那三年,他一定过得很痛苦吧?否则的话,他对叶秋也不会那么感激。
高中毕业那年,季滕刚满十八岁,正值意气风发的时候,却锒铛入狱,在监狱里受尽了欺辱和伤害,这样的他,让她心疼……
季滕缓缓吸了一口烟,嗓音沙哑:“后来,叶秋在监狱医院的实习结束了,我的服刑期也满了。她本来可以调去更好的地方,她却跟着我来到了大理,陪了我整整七年。这七年的时光,回头想想,真的又艰难又心酸,但是她一直陪在我身边,从来没想过离开我。这样的女人,我不该娶吗?”
说着,季滕轻轻歪头,眯着眸子看向沈思九。
沈思九一言不发地盯着他,张了张嘴巴,却一句话都说不出来。
故事讲完,季滕的烟也抽完了。
他歪头将烟灭了,眯着眸子看了沈思九一眼,淡淡道:“沈思九,该知道的你都知道了,现在可以死心了吧?”
“季滕,我还有最后一个问题。”沈思九苦涩一笑,一字一顿道,“那你能告诉我,你十年前为什么会进监狱?”
听到沈思九的话,季滕又点燃一根烟抽了起来,瞳孔里闪现出一丝不易察觉的伤痛。
但是,转眼即逝。
一口烟圈吐出来,他的眸子便冷了下来,连带着声音也冷了:“我家里出了点事,我爸得罪了人,我不过是帮我爸坐牢而已,我心甘情愿。”
“真的吗?可是季滕,十年前我……”
“沈思九,够了。”不等沈思九说完,季滕便阴着脸打断了她的话,“我们不是早就已经说好了吗?互相不干扰对方的生活,难道你要反悔吗?”
“我……”
沈思九苦笑一声,硬生生把没说出口的话咽了回去。
也对,早就已经结束了。
“我很忙,没时间和你说这些乱七八糟的,你赶紧收拾东西,我派人送你回去。”季滕匆匆说了一句,便转身走向了人群。
“季滕……”沈思九轻轻喊了他一声。
他听见了沈思九的呼喊,也看见了沈思九眼里的悲痛和不舍,但沈思九,原谅我不能转身拥抱你。

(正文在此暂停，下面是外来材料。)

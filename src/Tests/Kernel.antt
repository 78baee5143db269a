-- ===== src/Tests/Kernel.antt =====
-- Boot, memory, clock and traps on concrete values.
use mathlib.Core.Option
use gquuuuuunix.Base.{
  ◌++◌, ℕ, ◌+◌, ◌*◌, ◌%◌, ◌^◌, ◌<◌, ◌≤◌, ◌≡◌, refl, inl, true, false, some, List, [], ◌∷◌, length,
  replicate, get_elem?, arith,
}
use gquuuuuunix.Outcome.{ok}
use gquuuuuunix.Riscv.{w_sepc, w_sstatus, w_sip, r_sip, intr_off, intr_get}
use gquuuuuunix.Cpu.{get_cpuid, push_off, pop_off}
use gquuuuuunix.Atomic.{atomic_store_i32}
use gquuuuuunix.Task.{Task, Image, Table, with_lock, boot_tasks, running}
use gquuuuuunix.Task.Placement.{IsPlaced, boot_tasks_lem}
use gquuuuuunix.Memory.{Mem, copy_chunk, memcpy, strlen}
use gquuuuuunix.Console.Decimal.RoundTrip.{IsDecimal}
use gquuuuuunix.Console.Decimal.Padding.{padded}
use gquuuuuunix.Console.Format.{printed}
use gquuuuuunix.Trap.{line_end, yield_line}
use gquuuuuunix.Trap.Line.{yield_line_lem}
use gquuuuuunix.Memory.Copy.{memcpy_lem}
use gquuuuuunix.Memory.Length.{strlen_lem}
use gquuuuuunix.Time.{FixedPoint, fixed_point_get_integer, get_time_decimal, get_time_decimal_lem}
use gquuuuuunix.Sched.{Hart, yield_in}
use gquuuuuunix.SpinLock.{is_holding_lk, release}
use gquuuuuunix.Sched.System.{at_once}
use gquuuuuunix.Trap.{restore, clear_ssip, Clock, Frame, trap_exit}
use gquuuuuunix.Tests.Data.{hart_of, ready_task}

abbrev image : Image
image = record { dummy_task = 2147487744; task_stack = 2147500032 }

abbrev statics : List Task
statics = ready_task ∷ ready_task ∷ []

abbrev table : Table
table = record { tasks = replicate 64 ready_task; task_nrs = 0 }

boot_tasks_lem_example :
    ((boot_tasks image statics table).task_nrs ≡ length statics)
    × ((j : ℕ) (s : Task)
        → get_elem? statics j ≡ some s
        → (t : Task) × (get_elem? (boot_tasks image statics table).tasks j ≡ some t)
          × IsPlaced image j t)
    × ((j : ℕ)
        → length statics ≤ j
        → get_elem? (boot_tasks image statics table).tasks j
          ≡ Option.map with_lock (get_elem? table.tasks j))
boot_tasks_lem_example = boot_tasks_lem image statics table refl refl (omega arith) (omega arith)

-- Address `a` holds `a % 7`.
abbrev bytes : Mem
bytes a = a % 7

memcpy_lem_example : memcpy 1004 2004 21 bytes ≡ ok (copy_chunk 21 1004 2004 bytes)
memcpy_lem_example = memcpy_lem 1004 2004 21 bytes (inl (omega arith))

-- The byte at 1000 is 6, and the next is 0.
strlen_lem_example : strlen 10 1000 bytes ≡ ok 1
strlen_lem_example =
    strlen_lem 1 10 1000 bytes (omega arith) (omega arith) (λ i lt. ground (arith, lt)) refl

-- 1.5 with the kernel's 32 bits after the point.
abbrev one_half : FixedPoint
one_half = record { data_bits = 6442450944; mantissa_bit = 32 }

get_time_decimal_lem_example :
    let p = 2 ^ one_half.mantissa_bit in
    let value = fixed_point_get_integer one_half * 100000 + get_time_decimal one_half in
    (get_time_decimal one_half < 100000)
    × (value * p ≤ one_half.data_bits * 100000)
    × (one_half.data_bits * 100000 < (value + 1) * p)
get_time_decimal_lem_example = get_time_decimal_lem one_half (omega arith)

-- A timer interrupt has come in supervisor mode: interrupts are off.
abbrev trapped : Hart
trapped = record (hart_of 0) {
  core = record (hart_of 0).core {
    csrs = record (hart_of 0).core.csrs { sstatus = 256 + 32; sepc = 2147483648 };
  };
}

abbrev interrupted : Task
interrupted = record ready_task { state = running }

abbrev clock : Clock
clock = record { gticks = 0; time = record { data_bits = 0; mantissa_bit = 32 } }

-- A task that was switched to again, with its lock held by hart 0.
abbrev resumed : Task
resumed = record interrupted { lk = record { is_locked = 1; cpu = some 0; ops = true } }

abbrev resuming : Hart
resuming = record trapped {
  core = record trapped.core { cpu = record trapped.core.cpu { off_nrs = 1; task = some 0 } };
}

abbrev frame : Frame
frame = record { sepc = 4096; sstatus = 288 }

abbrev returned : Hart
returned = record resuming {
  core = record resuming.core {
    csrs = record resuming.core.csrs { sepc = 4096; sstatus = 288; sip = 0 };
    cpu = record resuming.core.cpu { off_nrs = 0; intr_ena_before = false };
  };
}

trap_exit-resumed : trap_exit at_once frame false resumed resuming ≡ ok (interrupted, returned)
unfolding trap_exit yield_in release is_holding_lk get_cpuid atomic_store_i32 pop_off intr_get
    push_off intr_off restore clear_ssip w_sepc w_sstatus w_sip r_sip
trap_exit-resumed = refl

yield_line_lem_example :
    (secs decimals : List ℕ) × IsDecimal (fixed_point_get_integer one_half) secs
    × IsDecimal (get_time_decimal one_half) decimals
    × (get_time_decimal one_half < 100000)
    × (yield_line one_half
        ≡ printed (
            b'['
            ∷ (padded 5 (fixed_point_get_integer one_half) secs
                ++ b'.' ∷ (padded 5 (get_time_decimal one_half) decimals ++ line_end))))
yield_line_lem_example = yield_line_lem one_half refl (omega arith)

十年来能再见你一面,对于我来说已经是奢侈了,已经足够了。
我们的人生只有永远不相交,你这辈子,才能快乐。
既然我这辈子做不到幸福快乐,那么守住你的快乐,便是我唯一的使命。
所以,原谅我。
看着季滕渐行渐远的背影,沈思九的心里难过极了。她很想喊住他,哪怕是留一张合照,或者留一个联系方式也好。
再不济,就算好好说一声再见也行。
说来可笑,她和季滕的每一次遇见,都像是诀别一样。
人生就是这样,你以为你和某些人未来还会有无数个重逢的机会,但某天忽然说了一句再见,那便真的是你们最后一次再见了。
人生真正的诀别,往往都是在不经意间。等你回过神来,你才恍然发现,原来我和这个人,真的这辈子都见不到了。
所以,请珍惜每一次告别。
但沈思九想珍惜,季滕却不给她这个机会。
她只能站在原地看着季滕的背影,含着泪对他说一声“再见”。
这一刻,沈思九感觉自己回到了十年前,她找遍上海的每一个街头,寻遍了上海的每一所高校。但她找啊找,等啊等,就是没找到说要给她一个“欢喜城”的季滕。
她此刻的绝望,和当时那么相似。
唯一不同的是,那时候她心里还是有期待的,可此刻,她心里仅有的期待,也被季滕亲手摧毁了。